I’m sure others out there will have better suggestions for applications but in the machine learning literature there are applications where people want to make predictions in real time or have strong reasons to move away from i.i.d assumptions. Also, online convex optimization algorithms are widely applied in “big data” problems. Some theorists who have worked a bit on applications)

http://eprints.pascal-network.org/archive/00004161/01/ShalevThesis07.pdf (section on applications)
ftp://ftp.cs.princeton.edu/reports/2006/766.pdf (for a description of applications in computation bio and portfolio optimization)

Computer scientists have been studying online algorithms from the viewpoint of competitive analysis (instead of regret) for many years. The wikipedia page talks about a few applications (but there are many many more algorithms for paging, queueing, server allocation, routing etc. that have been analysed this way and can be found with a little google searching)

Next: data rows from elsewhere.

-- ===== src/MockApi.antt =====
-- The API spec feature, backend/internal/features/api-specs.
pub mod Types
pub mod Routes
pub mod Validation
pub mod Directory
pub mod Examples
pub mod Lookup
pub mod Save
pub mod Store
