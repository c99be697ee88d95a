-- ===== src/MockApi/Directory.antt =====
-- The directory of the API specs: `directorySegments`, `nonEmptyOrRoot`, `normalizeDirectoryPath`,
-- `isDescendant`, and `uniqueTrimmed`, of backend/internal/features/api-specs/service.go.
pub mod Unique
pub mod Paths
mod Tests
use tunnelgate.Prelude.{
  ◌||◌, ◌∷◌, ◌==◌, if◌then◌else◌, Bool, true, false, not, List, [], ltb, length, is_empty, keep,
  ℕ_eq, list_eq, elem, Result, ok, err, ◌>>=◌,
}
use tunnelgate.Text.{bytes, Text, text_eq, trim_space, trim_left, trim_right, split, before}
use tunnelgate.MockApi.Types.{ApiRecord}

trim_into : List Text → List Text → List Text
trim_into seen [] = []
trim_into seen (value ∷ values) =
    let trimmed = trim_space value in
    if is_empty trimmed || elem trimmed seen
    then trim_into seen values
    else trimmed ∷ trim_into (trimmed ∷ seen) values

unfoldable pub unique_trimmed : List Text → List Text
unfolding trim_into
unique_trimmed values = trim_into [] values

abbrev or_root : List Text → List Text
or_root [] = bytes "Root" ∷ []
or_root (value ∷ values) = value ∷ values

unfoldable pub non_empty_or_root : List Text → List Text
non_empty_or_root values = or_root (keep (λ value. not (is_empty (trim_space value))) values)

abbrev drop_last : List Text → List Text
drop_last [] = []
drop_last (s ∷ []) = []
drop_last (s ∷ t ∷ rest) = s ∷ drop_last (t ∷ rest)

unfoldable pub directory_segments : ApiRecord → Text → List Text
directory_segments api mode =
    if mode == bytes "postman"
    then non_empty_or_root (api.collection_name ∷ api.postman_folder_path)
    else let path_only = before api.resolved_route_path b'?' in
      let segments = split (trim_left (trim_right path_only b'/') b'/') b'/' in
      if ltb 1 (length segments) then non_empty_or_root (drop_last segments) else bytes "Root" ∷ []

abbrev pub is_forbidden : Text → Bool
is_forbidden segment =
    segment == bytes "."
    || segment == bytes ".."
    || elem b'/' segment
    || elem 92 segment
    || elem 0 segment

unfoldable pub normalize_directory_path : List Text → Result (List Text)
normalize_directory_path [] = ok []
normalize_directory_path (value ∷ values) =
    let segment = trim_space value in
    let later = normalize_directory_path values in
    if is_empty segment
    then later
    else if is_forbidden segment
    then err (bytes "directory path must be absolute path segments without traversal")
    else later >>= λ rest. ok (segment ∷ rest)

-- The loop of `isDescendant`, over a path that is not longer than the segments.
same_start : List Text → List Text → Bool
same_start segments [] = true
same_start [] (segment ∷ path) = false
same_start (s ∷ segments) (segment ∷ path) =
    if s == segment then same_start segments path else false

unfoldable pub is_descendant : List Text → List Text → Bool
unfolding same_start
is_descendant segments path =
    if ltb (length segments) (length path) then false else same_start segments path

http://en.wikipedia.org/wiki/Competitive_analysis_(online_algorithm)

• GuthrieC
Posted July 25, 2012 at 2:02 pm | Permalink

Thanks for the great reading recommendations, sivaramanb!

9. Rhiannon Weaver
Posted July 30, 2012 at 2:20 pm | Permalink

This is cool, especially the part where you figure you have an adversary who is actively trying to mess with you. How do I apply this to defending really big computer networks from intruders? And to what extent do I need to measure regret? Eg, if an enemy breaks into my network and steals stuff very surreptitiously, it could be that I would never even discover such a thing, and thus would not even know to regret it in light of my current observed history? I suppose it comes in to the equation of making sure I have a good robust algorithm to start with.